Oh Kami, thought Gaara, as he moved back onto the desk to untie the rope.

"We learned how to talk, dance, and sing."

"Huh? Dance and sing? In evil classes?" Gaara could not believe this, and he was not sure if he should laugh, cry, or run away screaming.

"Well, yeah, there are some villains who need to be able to burst into song every now and then. Though I've never used it. I was top in the class," he said brightly.

Gaara stared, holding the rope from his third attempt in his hands.

"But, that did create a few problems for me. The pseudonym I chose seems to have been the name of some singer with a famous Halloween song. Thrilling, or something like that. Anyway, you would not believe how many times people ask me for my autograph, only to realize I am not the guy they want. Though I have no problems with signing stuff for people as I am a famous villain."

Gaara smiled when he remembered his list and decided it was time he tried one of the other plans. Quickly wrapping the rope around his elbow from his hand, he hopped off his desk, and walked over to Orochimaru, the singing, laughing, dancing villain.

If Orochimaru wore more green, Gaara thought, you could easily replace "villain" with "happy elf." Except Orochimaru was not actually singing, but that was beside the point. As a psychiatrist, Gaara recognized the potential was there.

He walked towards Orochimaru, who lay oblivious on the sofa, once again rattling off about some topic Gaara had heard many times before from the pale, white man.

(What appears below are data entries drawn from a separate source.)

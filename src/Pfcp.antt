-- ===== src/Pfcp.antt =====
-- pfcp-common: the PFCP codec.
pub mod Types
pub mod Header
pub mod Tlv
pub mod Ie
pub mod Builder
pub mod Messages
pub mod Dict
pub mod Build
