-- ===== src/Pfcp/Tlv/Walk.antt =====
-- The walk over TLVs of pfcp-common/src/ie.rs: fuel, and what it finds in any buffer.
use upf_edge.Prelude.{
  ℕ, zero, suc, ◌+◌, ◌^◌, ◌≤◌, ◌<◌, ◌≡◌, refl, ap, ◌∙◌, inl, inr, List, [], ◌∷◌, ◌++◌, append_assoc,
  arith, if◌then◌else◌, ltb, tests, Bool-cases, sym, All-drop, take-append-drop, length, take, drop,
  length-take, length-drop, length-append, take-append, drop-append, All,
}
use upf_edge.Bytes.{Bytes, IsByte, IsBytes, of_u16_be}
use upf_edge.Pfcp.Types.{is_grouped_ie}
use upf_edge.Pfcp.Tlv.{end, raw_ie, iter_loop, iter_ies, Ie, items, tlv, tlvs}

-- Any fuel that covers the buffer gives the same items.
iter_loop_fuel :
    (f g : ℕ) (buf : Bytes) → length buf ≤ f → length buf ≤ g → iter_loop f buf ≡ iter_loop g buf
unfolding iter_loop
iter_loop_fuel zero zero buf hf hg = refl
iter_loop_fuel zero (suc g) [] hf hg = refl
iter_loop_fuel zero (suc g) (a ∷ buf) hf hg = absurd (omega arith)
iter_loop_fuel (suc f) zero [] hf hg = refl
iter_loop_fuel (suc f) zero (a ∷ buf) hf hg = absurd (omega arith)
iter_loop_fuel (suc f) (suc g) (t1 ∷ t0 ∷ l1 ∷ l0 ∷ buf) hf hg = ground (
  arith,
  iter_loop_fuel f g (take (of_u16_be l1 l0) buf),
  iter_loop_fuel f g (drop (of_u16_be l1 l0) buf),
  length-take (of_u16_be l1 l0) buf,
  length-drop (of_u16_be l1 l0) buf,
)
iter_loop_fuel (suc f) (suc g) _ hf hg = refl

-- One round of the loop, at a header that announces `value`.
iter_loop_step :
    (fuel t t1 t0 l1 l0 : ℕ) (value rest : Bytes)
    → of_u16_be t1 t0 ≡ t
    → of_u16_be l1 l0 ≡ length value
    → length value < 2 ^ 16
    → length value + length rest ≤ fuel
    → iter_loop (suc fuel) (t1 ∷ t0 ∷ l1 ∷ l0 ∷ (value ++ rest))
      ≡ raw_ie t
          (length value)
          value
          (if is_grouped_ie t then iter_loop (length value) value else end)
          (iter_loop (length rest) rest)
unfolding iter_loop
iter_loop_step fuel t t1 t0 l1 l0 value rest et el hv hf =
    rw (et, el, take-append value rest, drop-append value rest)
      (ground (
        arith,
        length-append value rest,
        iter_loop_fuel fuel (length value) value,
        iter_loop_fuel fuel (length rest) rest,
      ))

-- The walk of a buffer that begins with a complete IE.
pub iter_ies-tlv :
    (t : ℕ) (value rest : Bytes)
    → t < 2 ^ 16
    → length value < 2 ^ 16
    → iter_ies (tlv t value ++ rest)
      ≡ raw_ie t
          (length value)
          value
          (if is_grouped_ie t then iter_ies value else end)
          (iter_ies rest)
unfolding iter_ies
iter_ies-tlv t value rest ht hv =
    iter_loop_step (suc (suc (suc (length (value ++ rest))))) t _ _ _ _ value rest (omega arith)
      (omega arith) hv (omega (arith, length-append value rest))

-- The bytes that end the loop: fewer than a header, or a header that announces more than there is.
abbrev pub IsTruncated : Bytes → Type 0
IsTruncated (t1 ∷ t0 ∷ l1 ∷ l0 ∷ buf) = length buf < of_u16_be l1 l0
IsTruncated _ = Unit {0}

abbrev pub IsIe : Ie → Type 0
IsIe ie = (ie.ie_type < 2 ^ 16) × (length ie.value < 2 ^ 16)

iter_ies-IsTruncated : (buf : Bytes) → IsTruncated buf → iter_ies buf ≡ end
unfolding iter_ies
iter_ies-IsTruncated (t1 ∷ t0 ∷ l1 ∷ l0 ∷ buf) h = ground arith
iter_ies-IsTruncated _ h = refl

-- The walk finds the IEs that were written one after the other, each with its whole value, and
-- stops at a truncated rest.
pub items-iter_ies-tlvs :
    (ies : List Ie) (rest : Bytes)
    → All IsIe ies
    → IsTruncated rest
    → items (iter_ies (tlvs ies ++ rest)) ≡ ies
items-iter_ies-tlvs [] rest h ht = rw (iter_ies-IsTruncated rest ht)
items-iter_ies-tlvs (ie ∷ ies) rest (hi, hs) ht =
    rw (append_assoc (tlv ie.ie_type ie.value) (tlvs ies) rest) (
      rw (iter_ies-tlv ie.ie_type ie.value (tlvs ies ++ rest) hi.0 hi.1)
        (ap (◌∷◌ ie) (items-iter_ies-tlvs ies rest hs ht)))

-- What the walk leaves of the buffer.
left_over : ℕ → Bytes → Bytes
left_over zero buf = buf
left_over (suc fuel) (t1 ∷ t0 ∷ l1 ∷ l0 ∷ buf) =
    let len = of_u16_be l1 l0 in
    let rest = left_over fuel (drop len buf) in
    if ltb (4 + length buf) (4 + len) then t1 ∷ t0 ∷ l1 ∷ l0 ∷ buf else rest
left_over (suc fuel) buf = buf

abbrev IsWalk : Bytes → List Ie → Bytes → Type 0
IsWalk buf ies rest = (buf ≡ tlvs ies ++ rest) × All IsIe ies × IsTruncated rest

-- A header that announces no more than there is.
one_more :
    (t1 t0 l1 l0 : ℕ) (buf : Bytes) (ies : List Ie) (rest : Bytes)
    → IsBytes (t1 ∷ t0 ∷ l1 ∷ l0 ∷ [])
    → of_u16_be l1 l0 ≤ length buf
    → IsWalk (drop (of_u16_be l1 l0) buf) ies rest
    → IsWalk
        (t1 ∷ t0 ∷ l1 ∷ l0 ∷ buf)
        (record { ie_type = of_u16_be t1 t0; value = take (of_u16_be l1 l0) buf } ∷ ies)
        rest
one_more t1 t0 l1 l0 buf ies rest h hl (e, hi, ht) =
    let n = of_u16_be l1 l0 in
    let tail : buf ≡ (take n buf ++ tlvs ies) ++ rest =
      sym (take-append-drop n buf)
      ∙ ap (◌++◌ (take n buf)) e
      ∙ sym (append_assoc (take n buf) (tlvs ies) rest) in
    (
      ground (arith, length-take n buf, tail),
      ((omega arith, omega (arith, length-take n buf)), hi),
      ht,
    )

iter_loop-IsWalk :
    (fuel : ℕ) (buf : Bytes)
    → length buf ≤ fuel
    → IsBytes buf
    → IsWalk buf (items (iter_loop fuel buf)) (left_over fuel buf)
unfolding iter_loop left_over
iter_loop-IsWalk zero [] hf h = (refl, tt, tt)
iter_loop-IsWalk zero (b ∷ buf) hf h = absurd (omega arith)
iter_loop-IsWalk (suc fuel) (t1 ∷ t0 ∷ l1 ∷ l0 ∷ buf) hf h =
    elim (Bool-cases (ltb (4 + length buf) (4 + of_u16_be l1 l0))) [
      | inl cut ↦ rw cut (refl, tt, omega (tests, cut))
      | inr whole ↦
          let len = of_u16_be l1 l0 in
          rw whole (
            one_more t1 t0 l1 l0 buf _ _ (h.0, (h.1.0, (h.1.1.0, (h.1.1.1.0, tt))))
              (omega (tests, whole))
              (iter_loop-IsWalk fuel (drop len buf) (omega (arith, length-drop len buf))
                (All-drop IsByte len buf h.1.1.1.1)))
    ]
iter_loop-IsWalk (suc fuel) _ hf h = (refl, tt, tt)

-- On any bytes, the found IEs and a truncated rest make up the buffer: none is made up or skipped.
pub iter_ies_complete :
    (buf : Bytes)
    → IsBytes buf
    → (rest : Bytes) × (buf ≡ tlvs (items (iter_ies buf)) ++ rest)
      × All IsIe (items (iter_ies buf))
      × IsTruncated rest
unfolding iter_ies
iter_ies_complete buf h =
    let walk = iter_loop-IsWalk (length buf) buf (omega arith) h in
    (left_over (length buf) buf, walk.0, walk.1, walk.2)
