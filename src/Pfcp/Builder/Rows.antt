-- ===== src/Pfcp/Builder/Rows.antt =====
-- A value made of complete IEs, as pfcp-common/src/builder.rs writes it, under the parsers of ie.rs.
use upf_edge.Prelude.{
  ℕ, ◌<◌, ◌≡◌, ap, ◌∙◌, sym, Option, none, some, List, [], ◌∷◌, ◌++◌, append-nil, append_assoc, All,
}
use upf_edge.Bytes.{Bytes}
use upf_edge.Pfcp.Ie.Grouped.{for_each}
use upf_edge.Pfcp.Tlv.{Ie, items, iter_ies, tlv, tlvs}
use upf_edge.Pfcp.Tlv.Walk.{IsIe, items-iter_ies-tlvs}
use upf_edge.Pfcp.Builder.{MsgBuilder, add_ie, append_ie}

abbrev pub Below : ℕ → Option ℕ → Type 0
Below bound none = Unit {0}
Below bound (some x) = x < bound

-- Parsing what is a row of complete IEs is a walk over them.
pub for_each-tlvs :
    {S : Type 0} (arm : Ie → S → _) (ies : List Ie) (s : S)
    → All IsIe ies
    → for_each arm (items (iter_ies (tlvs ies))) s ≡ for_each arm ies s
for_each-tlvs arm ies s h =
    ap (λ l. for_each arm l s) (rw (append-nil (tlvs ies)) at (items-iter_ies-tlvs ies [] h tt))

abbrev pub some_ie : {A : Type 0} → ℕ → (A → Bytes) → Option A → List Ie
some_ie t value none = []
some_ie t value (some x) = record { ie_type = t; value = value x } ∷ []

abbrev pub ie : ℕ → Bytes → Ie
ie t value = record { ie_type = t; value = value }

-- A message to which IEs are added one after the other.
abbrev pub add_ies : MsgBuilder → List Ie → MsgBuilder
add_ies msg [] = msg
add_ies msg (x ∷ ies) = add_ies (add_ie msg x.ie_type x.value) ies

pub add_ies-tlvs : (msg : MsgBuilder) (ies : List Ie) → add_ies msg ies ≡ msg ++ tlvs ies
unfolding add_ie append_ie
add_ies-tlvs msg [] = sym (append-nil msg)
add_ies-tlvs msg (x ∷ ies) =
    add_ies-tlvs (msg ++ tlv x.ie_type x.value) ies
    ∙ append_assoc msg (tlv x.ie_type x.value) (tlvs ies)
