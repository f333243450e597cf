-- ===== src/Pfcp/Builder/Far.antt =====
-- Create FAR and Update FAR of pfcp-common/src/builder.rs, read by the parsers of ie.rs.
use upf_edge.Prelude.{
  ℕ, ◌≤◌, ◌^◌, ◌<◌, ◌≡◌, refl, ap, ◌∙◌, Option, none, some, List, [], ◌∷◌, append-nil, arith, ok,
  length, bit_and,
}
use upf_edge.Bytes.{u32_be}
use upf_edge.Bytes.Masks.{bit_and_0x0f}
use upf_edge.Pfcp.Ie.{
  OuterHeaderCreation, ParsedFar, parse_outer_header_creation, parse_apply_action,
}
use upf_edge.Pfcp.Ie.Grouped.{
  for_each, forwarding_arm, parse_forwarding_params, far_arm, parse_create_far, parse_update_far,
}
use upf_edge.Pfcp.Tlv.{Ie, tlvs}
use upf_edge.Pfcp.Types.{
  pfcp_ie_destination_interface, pfcp_ie_outer_header_creation, pfcp_ie_far_id,
  pfcp_ie_apply_action, pfcp_ie_forwarding_parameters, pfcp_ie_update_forwarding_parameters,
}
use upf_edge.Pfcp.Builder.{FarParams, forwarding_value, far_value, creation_bytes}
use upf_edge.Pfcp.Builder.Rows.{for_each-tlvs, some_ie, ie}

abbrev CreationFits : Option OuterHeaderCreation → Type 0
CreationFits none = Unit {0}
CreationFits (some c) = (c.teid < 2 ^ 32) × (c.peer_addr < 2 ^ 32)

pub record IsFar (f : FarParams) : Type 0 where
  pub far_id : f.far_id < 2 ^ 32
  pub interface : f.dest_interface < 16
  pub creation : CreationFits f.outer_header_creation

-- The port is not on the wire: the parser puts the GTP-U port.
abbrev gtpu_port : Option OuterHeaderCreation → Option OuterHeaderCreation
gtpu_port none = none
gtpu_port (some c) = some (record { teid = c.teid; peer_addr = c.peer_addr; port = 2152 })

abbrev or_else :
    Option OuterHeaderCreation → Option OuterHeaderCreation → Option OuterHeaderCreation
or_else none old = old
or_else (some c) old = some c

abbrev pub parsed_far : FarParams → ParsedFar
parsed_far f = record {
  far_id = f.far_id;
  apply_action = f.apply_action;
  dest_interface = some f.dest_interface;
  outer_header_creation = gtpu_port f.outer_header_creation;
}

or_else-none : (c : Option OuterHeaderCreation) → or_else (gtpu_port c) none ≡ gtpu_port c
or_else-none none = refl
or_else-none (some c) = refl

abbrev far_of : ℕ → ℕ → ℕ → Option OuterHeaderCreation → FarParams
far_of id action interface creation = record {
  far_id = id;
  apply_action = action;
  dest_interface = interface;
  outer_header_creation = creation;
}

abbrev forwarding_ies : FarParams → List Ie
forwarding_ies f =
    ie pfcp_ie_destination_interface (f.dest_interface ∷ [])
    ∷ some_ie pfcp_ie_outer_header_creation creation_bytes f.outer_header_creation

low_nibble : (b : ℕ) → b < 16 → bit_and b 0x0F ≡ b
low_nibble b h = bit_and_0x0f b (omega arith) ∙ omega arith

forwarding_fields :
    (id action interface : ℕ) (creation : Option OuterHeaderCreation) (far : ParsedFar)
    → IsFar (far_of id action interface creation)
    → parse_forwarding_params (forwarding_value (far_of id action interface creation)) far
      ≡ ok (record far {
        dest_interface = some interface;
        outer_header_creation = or_else (gtpu_port creation) far.outer_header_creation;
      })
unfolding parse_forwarding_params forwarding_value for_each forwarding_arm
    parse_outer_header_creation
forwarding_fields id action interface none far h =
    for_each-tlvs forwarding_arm (forwarding_ies (far_of id action interface none)) _ (omega arith)
    ∙ ground (arith, low_nibble interface)
forwarding_fields id action interface (some c) far h =
    for_each-tlvs forwarding_arm (forwarding_ies (far_of id action interface (some c))) _
      (omega arith)
    ∙ ground (arith, low_nibble interface)

abbrev far_ies : ℕ → FarParams → List Ie
far_ies parameters f =
    ie pfcp_ie_far_id (u32_be f.far_id)
    ∷ ie pfcp_ie_apply_action (f.apply_action ∷ [])
    ∷ ie parameters (forwarding_value f)
    ∷ []

length_fields :
    (id action interface : ℕ) (creation : Option OuterHeaderCreation)
    → length (forwarding_value (far_of id action interface creation)) ≤ 19
unfolding forwarding_value
length_fields id action interface none = omega arith
length_fields id action interface (some c) = omega arith

length-forwarding_value : (f : FarParams) → length (forwarding_value f) ≤ 19
length-forwarding_value f =
    length_fields f.far_id f.apply_action f.dest_interface f.outer_header_creation

far_value-tlvs :
    (parameters : ℕ) (f : FarParams) → far_value parameters f ≡ tlvs (far_ies parameters f)
unfolding far_value
far_value-tlvs parameters f = rw (append-nil (forwarding_value f))

-- The rule when the nested IE is reached.
abbrev half_parsed : FarParams → ParsedFar
half_parsed f = record {
  far_id = f.far_id;
  apply_action = f.apply_action;
  dest_interface = none;
  outer_header_creation = none;
}

forwarding_read :
    (f : FarParams)
    → IsFar f
    → parse_forwarding_params (forwarding_value f) (half_parsed f) ≡ ok (parsed_far f)
forwarding_read f h =
    forwarding_fields f.far_id f.apply_action f.dest_interface f.outer_header_creation
      (half_parsed f) h
    ∙ ap (λ c. ok (record (parsed_far f) { outer_header_creation = c }))
        (or_else-none f.outer_header_creation)

-- `parse_create_far` reads back the FAR that `add_create_far` writes: its ID, action, interface and
-- the TEID and peer address of the outer header, the port set to 2152, if the numbers fit their
-- fields.
pub parse_create_far-far_value :
    (f : FarParams)
    → IsFar f
    → parse_create_far (far_value pfcp_ie_forwarding_parameters f) ≡ ok (parsed_far f)
unfolding parse_create_far for_each far_arm parse_apply_action
parse_create_far-far_value f h = rw (far_value-tlvs pfcp_ie_forwarding_parameters f) (
    for_each-tlvs (far_arm pfcp_ie_forwarding_parameters) (far_ies pfcp_ie_forwarding_parameters f)
      _ (omega (arith, length-forwarding_value f))
    ∙ ground (arith, forwarding_read f h))

-- `parse_update_far` reads back the FAR that `add_update_far` writes in the same way, if the numbers fit
-- their fields.
pub parse_update_far-far_value :
    (f : FarParams)
    → IsFar f
    → parse_update_far (far_value pfcp_ie_update_forwarding_parameters f) ≡ ok (parsed_far f)
unfolding parse_update_far for_each far_arm parse_apply_action
parse_update_far-far_value f h = rw (far_value-tlvs pfcp_ie_update_forwarding_parameters f) (
    for_each-tlvs (far_arm pfcp_ie_update_forwarding_parameters)
      (far_ies pfcp_ie_update_forwarding_parameters f) _ (omega (arith, length-forwarding_value f))
    ∙ ground (arith, forwarding_read f h))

About how, in another place, people thought he was some man named Vanderbilt.

"They called me an evil wizard. I had no clue what the heck that kid was talking about, but I still can't get his face out of my head. He had a scar on his forehead," Orochimaru said aloud while Gaara said it in his head. "And, he kept calling me 'Vanderbilt' and told me to stop the snakes or else." Gaara was perfectly on time with Orochimaru. "So of course I used a water prison technique on the dumb brats so they would stop trying to poke me with their sticks—honestly, who do they think I am—but the stupid girl managed to get out with the redhead kid and—hey, what are you doing?"

Orochimaru finally noticed the rope around his neck that Gaara was pulling tighter and tighter.

"Is this a new ninjutsu therapy?" Orochimaru asked brightly.